Selma, Natália, Ana e Idalina não se conhecem. Em comum, a vontade de criar os filhos bem, o medo da violência, da comida faltar na panela, e o tempo às vezes ingrato que demora para andar quando se tem pressa. As quatro nunca se viram, mas se encontram no mesmo gosto diferente que o Réveillon deste ano reservou para elas. Depois de viverem boa parte de suas vidas num barraco de madeira, elas começam 2006 numa casa de concreto. Contempladas por projetos de moradias populares, as quatro famílias não imaginavam tal desfecho para este ano. E definem a passagem: "Foi como ir do inferno para o céu."

Numa região como a do Grande ABC, com um déficit habitacional que ultrapassa as 100 mil moradias, conseguir um teto seguro é mesmo um "milagre", como ressalta a dona-de-casa Idalina Antônia da Silva Santos, 22 anos. Ela nasceu e cresceu num casebre de madeirite com a mãe e os cinco irmãos no Jardim Oratório, em Mauá. Quando se casou, há seis anos, comprou um barraco por R$ 1 mil no mesmo bairro, mas em condições piores, nas palafitas. Embaixo do piso, corria a água suja de um córrego, e o cheiro insuportável que fazia engasgar as crianças.

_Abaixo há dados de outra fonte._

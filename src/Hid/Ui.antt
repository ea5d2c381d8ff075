-- ===== src/Hid/Ui.antt =====
-- src/hid/ui_manager.rs: the state of `UiManager`, what it does with an input report, and the
-- messages that it sends to the core.
pub mod Variables
pub mod Report
pub mod Turning
pub mod Replay
pub mod Live
use puddle.Base.{
  ℕ, zero, suc, ◌+◌, ◌-◌, ◌*◌, ◌^◌, Bool, true, false, not, ◌&&◌, ◌||◌, Option, none, some, List,
  [], ◌∷◌, ◌++◌, if◌then◌else◌,
}
use puddle.Base.Int.{ℤ, pos, negsuc, ◌+ℤ◌, ◌*ℤ◌, ◌==ℤ◌, ltb_ℤ, unsigned_abs, clamp, wrap}
use puddle.Linmot.Units.{Position, Velocity, Acceleration}
use puddle.Messages.{
  MotionCommand, MotionCommandFields, CommandUpdate, SystemLimits, ClientMessage, update_command,
  upsert_command_set,
}

-- `DEFAULT_COMMANDS`, both the same: 1 m/s and 500 mm/s².
abbrev pub default_command : MotionCommand
default_command = record {
  position = pos 0;
  velocity = pos 1000000;
  acceleration = pos 50000;
  deceleration = pos 50000;
}

-- `[MotionCommand; 2]`
abbrev pub Commands : Type 0
Commands = MotionCommand × MotionCommand

abbrev pub to_vec : Commands → List MotionCommand
to_vec (a, b) = a ∷ b ∷ []

-- `i32::saturating_add`
abbrev pub saturating_add : ℤ → ℤ → ℤ
saturating_add a b = clamp (a +ℤ b) (negsuc (2 ^ 31 - 1)) (pos (2 ^ 31 - 1))

-- `delta * delta.abs() * 10_000` and `delta * delta.abs() * delta.abs() * 1_000`, on i32.
unfoldable pub turn_amount : ℤ → ℤ
turn_amount delta = wrap 32 (wrap 32 (delta *ℤ pos (unsigned_abs delta)) *ℤ pos 10000)

unfoldable pub fine_amount : ℤ → ℤ
fine_amount delta =
    wrap 32 (
      wrap 32 (wrap 32 (delta *ℤ pos (unsigned_abs delta)) *ℤ pos (unsigned_abs delta)) *ℤ pos 1000)

-- For a limit that is not negative; under a negative one the source's `clamp` panics, and what is
-- returned here stands for nothing.
-- `value.saturating_add(amount).clamp(0, limit)`
unfoldable pub moved : ℤ → ℤ → ℤ → ℤ
moved limit amount value = clamp (saturating_add value amount) (pos 0) limit

abbrev pub no_fields : MotionCommandFields
no_fields = record { position = none; velocity = none; acceleration = none; deceleration = none }

abbrev pub update_message : ℕ → MotionCommandFields → ClientMessage
update_message index fields = update_command 0 (record { index = index; fields = fields })

abbrev pub position_update : ℕ → Position → ClientMessage
position_update index p = update_message index (record no_fields { position = some p })

abbrev pub velocity_update : ℕ → Velocity → ClientMessage
velocity_update index v = update_message index (record no_fields { velocity = some v })

abbrev pub acceleration_update : ℕ → Acceleration → Acceleration → ClientMessage
acceleration_update index a d =
    update_message index (record no_fields { acceleration = some a; deceleration = some d })

-- Encoder 0: the start position, which pushes the end or takes it along.
unfoldable pub turn_start : SystemLimits → Bool → ℤ → Commands → Commands × List ClientMessage
turn_start limits holding_start delta (a, b) =
    let shift = moved limits.position (turn_amount delta) in
    let a' = record a { position = shift a.position } in
    let b' = record b { position = if holding_start then shift b.position else a'.position } in
    if holding_start || ltb_ℤ b.position a'.position
    then ((a', b'), position_update 0 a'.position ∷ position_update 1 b'.position ∷ [])
    else ((a', b), position_update 0 a'.position ∷ [])

-- Encoder 1: the end position.
unfoldable pub turn_end : SystemLimits → Bool → ℤ → Commands → Commands × List ClientMessage
turn_end limits holding_start delta (a, b) =
    let shift = moved limits.position (turn_amount delta) in
    let b' = record b { position = shift b.position } in
    let a' = record a { position = if holding_start then shift a.position else b'.position } in
    if holding_start || ltb_ℤ b'.position a.position
    then ((a', b'), position_update 1 b'.position ∷ position_update 0 a'.position ∷ [])
    else ((a, b'), position_update 1 b'.position ∷ [])

-- Encoder 2: the velocity of both.
unfoldable pub turn_speed : SystemLimits → ℤ → Commands → Commands × List ClientMessage
turn_speed limits delta (a, b) =
    let v = moved limits.velocity (turn_amount delta) a.velocity in
    (
      (record a { velocity = v }, record b { velocity = v }),
      velocity_update 0 v ∷ velocity_update 1 v ∷ [],
    )

-- Encoder 3: the acceleration and the deceleration of both.
unfoldable pub turn_acceleration : SystemLimits → ℤ → Commands → Commands × List ClientMessage
turn_acceleration limits delta (a, b) =
    let x = moved limits.acceleration (fine_amount delta) a.acceleration in
    let d = clamp x (pos 0) limits.deceleration in
    (
      (
        record a { acceleration = x; deceleration = d },
        record b { acceleration = x; deceleration = d },
      ),
      acceleration_update 0 x d ∷ acceleration_update 1 x d ∷ [],
    )

-- `match i`
unfoldable pub turn : SystemLimits → Bool → ℕ → ℤ → Commands → Commands × List ClientMessage
unfolding turn_start turn_end turn_speed turn_acceleration
turn limits holding_start zero delta c = turn_start limits holding_start delta c
turn limits holding_start (suc zero) delta c = turn_end limits holding_start delta c
turn limits holding_start (suc (suc zero)) delta c = turn_speed limits delta c
turn limits holding_start (suc (suc (suc zero))) delta c = turn_acceleration limits delta c
turn limits holding_start _ delta c = (c, [])

-- A delta of 0 is skipped.
unfoldable pub turn_if : SystemLimits → Bool → ℕ → ℤ → Commands → Commands × List ClientMessage
unfolding turn
turn_if limits holding_start i delta c =
    if delta ==ℤ pos 0 then (c, []) else turn limits holding_start i delta c

-- The loop over the encoders, from `i` on.
unfoldable pub turn_all :
    SystemLimits → Bool → ℕ → List ℤ → Commands → Commands × List ClientMessage
unfolding turn_if
turn_all limits holding_start i [] c = (c, [])
turn_all limits holding_start i (delta ∷ deltas) c =
    let (c', messages) = turn_if limits holding_start i delta c in
    let (c'', more) = turn_all limits holding_start (suc i) deltas c' in (c'', messages ++ more)
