-- ===== src/Cli/Inputs.antt =====
-- src/bin/puddle-cli.rs: `apply_dialog`, `reset_inputs` and `update_input`.
use puddle.Base.{
  ℕ, zero, suc, ◌-◌, ◌/◌, ◌%◌, ◌^◌, Bool, true, false, ◌&&◌, Option, none, some, is_some, List, [],
  ◌∷◌, ◌==◌, if◌then◌else◌, set,
}
use puddle.Base.Int.{ℤ, pos, ◌+ℤ◌, ◌*ℤ◌, ltb_ℤ, clamp, wrap}
use puddle.Messages.{MotionCommandFields, ControllerId, CoreState, SystemLimits, update_command}
use puddle.Core.Manager.{is_holder}
use puddle.Hid.Messages.{CString}
use puddle.Hid.Ui.{no_fields}
use puddle.Cli.{
  InputDialog, App, initial_inputs, input_at, send_next, send_commands, put, with_inputs,
}
use puddle.Base.Partial.{◌>>=◌, map_value}

-- What `apply_dialog` makes of a text, with the limits and the kind of the unit: the value that it
-- parses, clamps and converts in floating point, or none where the text is no number.
abbrev pub Entry : Type 0
Entry = CString → Option SystemLimits → ℕ → Option ℤ

-- `state.write_access_holder.is_some()`
abbrev pub some_holder : Option CoreState → Bool
some_holder none = false
some_holder (some s) = is_some s.write_access_holder

-- `state.write_access_holder == Some(*my_id)`
unfoldable pub has_write_access : Option CoreState → Option ControllerId → Bool
has_write_access (some s) (some id) = is_holder s.write_access_holder id
has_write_access _ _ = false

abbrev pub send_if_held : App → App
send_if_held app = if some_holder app.state then send_commands app else app

unfoldable pub put_checked : List (ℕ × Bool) → ℤ → List ℤ → Option (List ℤ)
unfolding put
put_checked [] v inputs = some inputs
put_checked ((i, true) ∷ targets) v inputs =
    put i v inputs >>= λ changed. put_checked targets v changed
put_checked ((i, false) ∷ targets) v inputs = put_checked targets v inputs

abbrev pub apply_value : InputDialog → App → Option ℤ → Option App
apply_value dialog app none = some app
apply_value dialog app (some v) =
    map_value (λ inputs. send_if_held (with_inputs app inputs))
      (put_checked dialog.targets v app.inputs)

unfoldable pub apply_dialog : Entry → InputDialog → App → Option App
unfolding put_checked send_commands
apply_dialog entry dialog app =
    apply_value dialog app (entry dialog.input app.limits (app.input_index % 4))

unfoldable pub reset_inputs : App → App
unfolding send_commands
reset_inputs app = send_if_held (record app { inputs = initial_inputs })

abbrev pub limit_for : Option SystemLimits → ℕ → ℤ
limit_for none i = pos (2 ^ 31 - 1)
limit_for (some limits) zero = limits.position
limit_for (some limits) (suc zero) = limits.velocity
limit_for (some limits) (suc (suc zero)) = limits.acceleration
limit_for (some limits) _ = limits.deceleration

abbrev pub step_for : Bool → ℤ
step_for large = if large then pos 10000 else pos 1000

-- `(value + delta * step).clamp(0, limit)`
unfoldable pub stepped : ℤ → ℤ → Bool → ℤ → ℤ
stepped limit delta large v = clamp (wrap 32 (v +ℤ delta *ℤ step_for large)) (pos 0) limit

-- The inputs, and the indices that changed beside the first.
unfoldable pub push_other : ℕ → List ℤ → List ℤ × List ℕ
push_other i inputs =
    if (i == 0) && ltb_ℤ (input_at inputs 4) (input_at inputs 0)
    then (set inputs 4 (input_at inputs 0), 4 ∷ [])
    else if (i == 4) && ltb_ℤ (input_at inputs 4) (input_at inputs 0)
    then (set inputs 0 (input_at inputs 4), 0 ∷ [])
    else (inputs, [])

abbrev pub fields_for : ℕ → ℤ → MotionCommandFields
fields_for zero v = record no_fields { position = some v }
fields_for (suc zero) v = record no_fields { velocity = some v }
fields_for (suc (suc zero)) v = record no_fields { acceleration = some v }
fields_for _ v = record no_fields { deceleration = some v }

unfoldable pub send_update : ℕ → App → App
unfolding send_next
send_update i app =
    send_next
      (λ seq.
        update_command seq
          (record { index = i / 4; fields = fields_for (i % 4) (input_at app.inputs i) }))
      app

unfoldable pub send_updates : List ℕ → App → App
unfolding send_update
send_updates [] app = app
send_updates (i ∷ indices) app = send_updates indices (send_update i app)

-- Once the selected input is stepped.
unfoldable pub finish_step : App → List ℤ → App
unfolding push_other send_updates
finish_step app stepped_inputs =
    let i = app.input_index in
    let (inputs, others) = push_other i stepped_inputs in
    let changed = with_inputs app inputs in
    if some_holder app.state then send_updates (i ∷ others) changed else changed

unfoldable pub update_held : ℤ → Bool → App → Option App
unfolding stepped finish_step put
update_held delta large app =
    let i = app.input_index in
    let limit = limit_for app.limits (i % 4) in
    map_value (finish_step app)
      (put i (stepped limit delta large (input_at app.inputs i)) app.inputs)

unfoldable pub update_input : ℤ → Bool → App → Option App
unfolding has_write_access update_held
update_input delta large app =
    if has_write_access app.state app.my_id then update_held delta large app else some app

"É a primeira vez que moro numa casa de tijolo. Não sabia o que era isso. Quando me mudei, parecia um sonho. Tudo cheiroso, imagina...", conta Idalina. Ela saiu das palafitas – a exemplo de outras 98 famílias – e há três meses mora de aluguel, bancado pela Prefeitura, até que as casas do CDHU (Companhia do Desenvolvimento Habitacional e Urbano) sejam entregues, em 2007. Até lá, vai agradecendo a Deus por sair de onde morava.

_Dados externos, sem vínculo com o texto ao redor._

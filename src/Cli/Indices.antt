-- ===== src/Cli/Indices.antt =====
-- src/bin/puddle-cli.rs: every index of the client is in range, whatever keys and messages come.
use puddle.Base.{
  ℕ, suc, ◌+◌, ◌*◌, ◌<◌, ◌≡◌, ◌∙◌, refl, Bool, true, false, ◌&&◌, Option, none, some, List, [], ◌∷◌,
  inl, inr, All, Bool-cases, ltb, ◌==◌, if◌then◌else◌, length, length-set, take, length-take, arith,
  ◌≤◌,
}
use puddle.Base.Int.{ℤ, ltb_ℤ}
use puddle.Base.Partial.{Returns, bind-Returns, map-Returns, either-Returns}
use puddle.Messages.{
  MotionCommand, MotionCommandFields, CoreMessage, connected, state, write_access_changed,
  write_access_result, command_set_changed, command_set,
}
use puddle.Cli.{
  InputDialog, App, set_app_holder, send_next, send_commands, put, all_fields, with_inputs,
  put_field, put_fields, put_command, put_commands, handle_core_message, input_at,
}
use puddle.Cli.Inputs.{
  some_holder, has_write_access, send_if_held, put_checked, apply_value, push_other, send_update,
  send_updates, update_held, update_input, finish_step,
}

abbrev pub InRange : ℕ × Bool → Type 0
InRange t = t.0 < 8

abbrev pub DialogInRange : Option InputDialog → Type 0
DialogInRange none = Unit {0}
DialogInRange (some d) = All InRange d.targets

-- There are eight inputs, the selected one is one of them, and so is every target of a dialog.
pub record IsUsable (app : App) : Type 0 where
  pub inputs : length app.inputs ≡ 8
  pub index : app.input_index < 8
  pub targets : DialogInRange app.dialog

abbrev pub IsEight : List ℤ → Type 0
IsEight inputs = length inputs ≡ 8

put-IsEight :
    (i : ℕ) (v : ℤ) (inputs : List ℤ) → i < 8 → IsEight inputs → Returns IsEight (put i v inputs)
unfolding put
put-IsEight i v inputs lt h =
    let in_range : ltb i (length inputs) ≡ true = ground arith in
    rw in_range (length-set inputs i v ∙ h)

put_field-IsEight :
    (i : ℕ) (v : Option ℤ) (inputs : List ℤ)
    → i < 8
    → IsEight inputs
    → Returns IsEight (put_field i v inputs)
unfolding put_field
put_field-IsEight i none inputs lt h = h
put_field-IsEight i (some v) inputs lt h = put-IsEight i v inputs lt h

put_fields-IsEight :
    (base : ℕ) (f : MotionCommandFields) (inputs : List ℤ)
    → base + 3 < 8
    → IsEight inputs
    → Returns IsEight (put_fields base f inputs)
unfolding put_fields
put_fields-IsEight base f inputs lt h =
    bind-Returns IsEight IsEight _ _
      (bind-Returns IsEight IsEight _ _
        (bind-Returns IsEight IsEight _ _ (put_field-IsEight base f.position inputs (omega arith) h)
          (λ a e. put_field-IsEight (base + 1) f.velocity a (omega arith) e))
        (λ a e. put_field-IsEight (base + 2) f.acceleration a (omega arith) e))
      (λ a e. put_field-IsEight (base + 3) f.deceleration a lt e)

put_commands-IsEight :
    (i : ℕ) (commands : List MotionCommand) (inputs : List ℤ)
    → i + length commands ≤ 2
    → IsEight inputs
    → Returns IsEight (put_commands i commands inputs)
unfolding put_commands put_command
put_commands-IsEight i [] inputs le h = h
put_commands-IsEight i (c ∷ commands) inputs le h =
    bind-Returns IsEight IsEight _ _
      (put_fields-IsEight (i * 4) (all_fields c) inputs (omega arith) h)
      (λ changed e. put_commands-IsEight (suc i) commands changed (omega arith) e)

put_checked-IsEight :
    (targets : List (ℕ × Bool)) (v : ℤ) (inputs : List ℤ)
    → All InRange targets
    → IsEight inputs
    → Returns IsEight (put_checked targets v inputs)
unfolding put_checked
put_checked-IsEight [] v inputs t h = h
put_checked-IsEight ((i, true) ∷ targets) v inputs t h =
    bind-Returns IsEight IsEight _ _ (put-IsEight i v inputs t.0 h)
      (λ changed e. put_checked-IsEight targets v changed t.1 e)
put_checked-IsEight ((i, false) ∷ targets) v inputs t h = put_checked-IsEight targets v inputs t.1 h

-- What leaves inputs, selection and dialog alone.
pub same-IsUsable :
    (app app' : App)
    → app'.inputs ≡ app.inputs
    → app'.input_index ≡ app.input_index
    → app'.dialog ≡ app.dialog
    → IsUsable app
    → IsUsable app'
same-IsUsable app app' e f g h = record {
  inputs = rw e h.inputs;
  index = rw f h.index;
  targets = rw g h.targets;
}

send_commands-IsUsable : (app : App) → IsUsable app → IsUsable (send_commands app)
unfolding send_commands send_next
send_commands-IsUsable app h = same-IsUsable app (send_commands app) refl refl refl h

pub either-IsUsable :
    (b : Bool) (x y : App) → IsUsable x → IsUsable y → IsUsable (if b then x else y)
either-IsUsable true x y hx hy = hx
either-IsUsable false x y hx hy = hy

pub with_inputs-IsUsable :
    (app : App) (inputs : List ℤ)
    → IsUsable app
    → IsEight inputs
    → IsUsable (with_inputs app inputs)
with_inputs-IsUsable app inputs h e = record { inputs = e; index = h.index; targets = h.targets }

pub handle_core_message-IsUsable :
    (m : CoreMessage) (app : App) → IsUsable app → Returns IsUsable (handle_core_message m app)
unfolding handle_core_message send_next
handle_core_message-IsUsable (connected id limits s) app h = record {
  inputs = h.inputs;
  index = h.index;
  targets = h.targets;
}
handle_core_message-IsUsable (state _ s) app h = record {
  inputs = h.inputs;
  index = h.index;
  targets = h.targets;
}
handle_core_message-IsUsable (write_access_changed holder _) app h = record {
  inputs = h.inputs;
  index = h.index;
  targets = h.targets;
}
handle_core_message-IsUsable (write_access_result _ granted holder) app h =
    let told : IsUsable (set_app_holder holder app) = record {
      inputs = h.inputs;
      index = h.index;
      targets = h.targets;
    } in
    either-IsUsable granted (send_commands (set_app_holder holder app)) (set_app_holder holder app)
      (send_commands-IsUsable (set_app_holder holder app) told) told
handle_core_message-IsUsable (command_set_changed _ none) app h = record {
  inputs = h.inputs;
  index = h.index;
  targets = h.targets;
}
handle_core_message-IsUsable (command_set_changed _ (some update)) app h =
    elim (Bool-cases (ltb update.index 2)) [
      | inl e ↦
          let lt : update.index * 4 + 3 < 8 = ground arith in
          rw e (
            map-Returns IsEight IsUsable (with_inputs app) _
              (put_fields-IsEight (update.index * 4) update.fields app.inputs lt h.inputs)
              (λ inputs eight. with_inputs-IsUsable app inputs h eight))
      | inr e ↦ rw e h
    ]
handle_core_message-IsUsable (command_set _ none _ commands) app h =
    map-Returns IsEight IsUsable (with_inputs app) _
      (put_commands-IsEight 0 (take 2 commands) app.inputs (omega (arith, length-take 2 commands))
        h.inputs)
      (λ inputs eight. with_inputs-IsUsable app inputs h eight)
handle_core_message-IsUsable _ app h = h

pub send_if_held-IsUsable : (app : App) → IsUsable app → IsUsable (send_if_held app)
send_if_held-IsUsable app h =
    either-IsUsable (some_holder app.state) (send_commands app) app (send_commands-IsUsable app h) h

pub apply_value-IsUsable :
    (d : InputDialog) (app : App) (v : Option ℤ)
    → IsUsable app
    → All InRange d.targets
    → Returns IsUsable (apply_value d app v)
apply_value-IsUsable d app none h t = h
apply_value-IsUsable d app (some v) h t =
    map-Returns IsEight IsUsable (λ inputs. send_if_held (with_inputs app inputs)) _
      (put_checked-IsEight d.targets v app.inputs t h.inputs)
      (λ inputs e.
        send_if_held-IsUsable (with_inputs app inputs) (with_inputs-IsUsable app inputs h e))

length-push_other : (i : ℕ) (inputs : List ℤ) → length (push_other i inputs).0 ≡ length inputs
unfolding push_other
length-push_other i inputs =
    elim (Bool-cases ((i == 0) && ltb_ℤ (input_at inputs 4) (input_at inputs 0))) [
      | inl e ↦ rw e (length-set inputs 4 (input_at inputs 0))
      | inr e ↦ elim (Bool-cases ((i == 4) && ltb_ℤ (input_at inputs 4) (input_at inputs 0))) [
        | inl f ↦ rw (e, f) (length-set inputs 0 (input_at inputs 4))
        | inr f ↦ rw (e, f) refl
      ]
    ]

send_updates-IsUsable :
    (indices : List ℕ) (app : App) → IsUsable app → IsUsable (send_updates indices app)
unfolding send_updates send_update send_next
send_updates-IsUsable [] app h = h
send_updates-IsUsable (i ∷ indices) app h =
    send_updates-IsUsable indices (send_update i app)
      (same-IsUsable app (send_update i app) refl refl refl h)

finish_step-IsUsable :
    (app : App) (inputs : List ℤ)
    → IsUsable app
    → IsEight inputs
    → IsUsable (finish_step app inputs)
unfolding finish_step
finish_step-IsUsable app inputs h e =
    let i = app.input_index in
    let pushed = push_other i inputs in
    let changed = with_inputs app pushed.0 in
    let usable = with_inputs-IsUsable app pushed.0 h (length-push_other i inputs ∙ e) in
    either-IsUsable (some_holder app.state) (send_updates (i ∷ pushed.1) changed) changed
      (send_updates-IsUsable (i ∷ pushed.1) changed usable) usable

pub update_input-IsUsable :
    (delta : ℤ) (large : Bool) (app : App)
    → IsUsable app
    → Returns IsUsable (update_input delta large app)
unfolding update_input update_held
update_input-IsUsable delta large app h =
    either-Returns IsUsable (has_write_access app.state app.my_id) (update_held delta large app)
      (some app)
      (map-Returns IsEight IsUsable (finish_step app) _
        (put-IsEight app.input_index _ app.inputs h.index h.inputs)
        (λ inputs e. finish_step-IsUsable app inputs h e))
      h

"Não canso de agradecer. Já rezei muito. Meu marido ganha pouco. Sem essa ajuda, nunca que a gente ia conseguir um lugar melhor. Esse ano, minha família passou o Natal aqui em casa. Foi um orgulho, sabe?", diz, segurando a barriga volumosa em que carrega o quarto filho, uma menina, Katlen, que deve nascer em fevereiro. Idalina é mãe de Karen, 5 anos, Richard, 2, e Gabriel, 1. Os pequenos nem sabem o que fazer com tanto espaço para brincar, e correm ainda dentro na sala, entre os móveis recém-comprados de segunda mão.

Numa casa simpática pintada de azul no Parque São Bernardo, em São Bernardo, Ana Novaes Santos, 41 anos, ainda arrumava a bagunça e retirava roupas e utensílios domésticos das caixas. Ela, o marido e os quatro filhos mudaram-se na véspera de Natal, depois de passar quase três anos vivendo no improviso. Foram dois anos no alojamento Cora Coralina, um dos seis que abrigam moradores removidos de área de risco. Mas até o abrigo da Prefeitura se mostrou um tanto capenga: o cômodo em que viviam ameaçou a desabar, e eles foram alocados num salão de tapume.

"O alojamento era, por incrível que pareça, pior do que o barraco que a gente morava. Não tinha privacidade. Não dava pra usar o banheiro, imundo. Roubavam o chuveiro e até as nossas roupas do varal. No barraco era ruim também, porque tinha esgoto na porta de casa, as crianças viviam doentes. Hoje, estou no paraíso", relata. No Réveillon do ano passado, passou dormindo com os filhos. Ou melhor, tentando dormir. Os "moleques" faziam muito barulho, falavam palavrão demais. Esse ano, pretendia que tudo fosse diferente. "Vou até convidar uns amigos para vir aqui e passar o ano com a gente", planejava Ana, na semana do Ano-Novo. Se o dinheiro não fosse tão curto, ia fazer almoço de graça para comemorar a nova moradia.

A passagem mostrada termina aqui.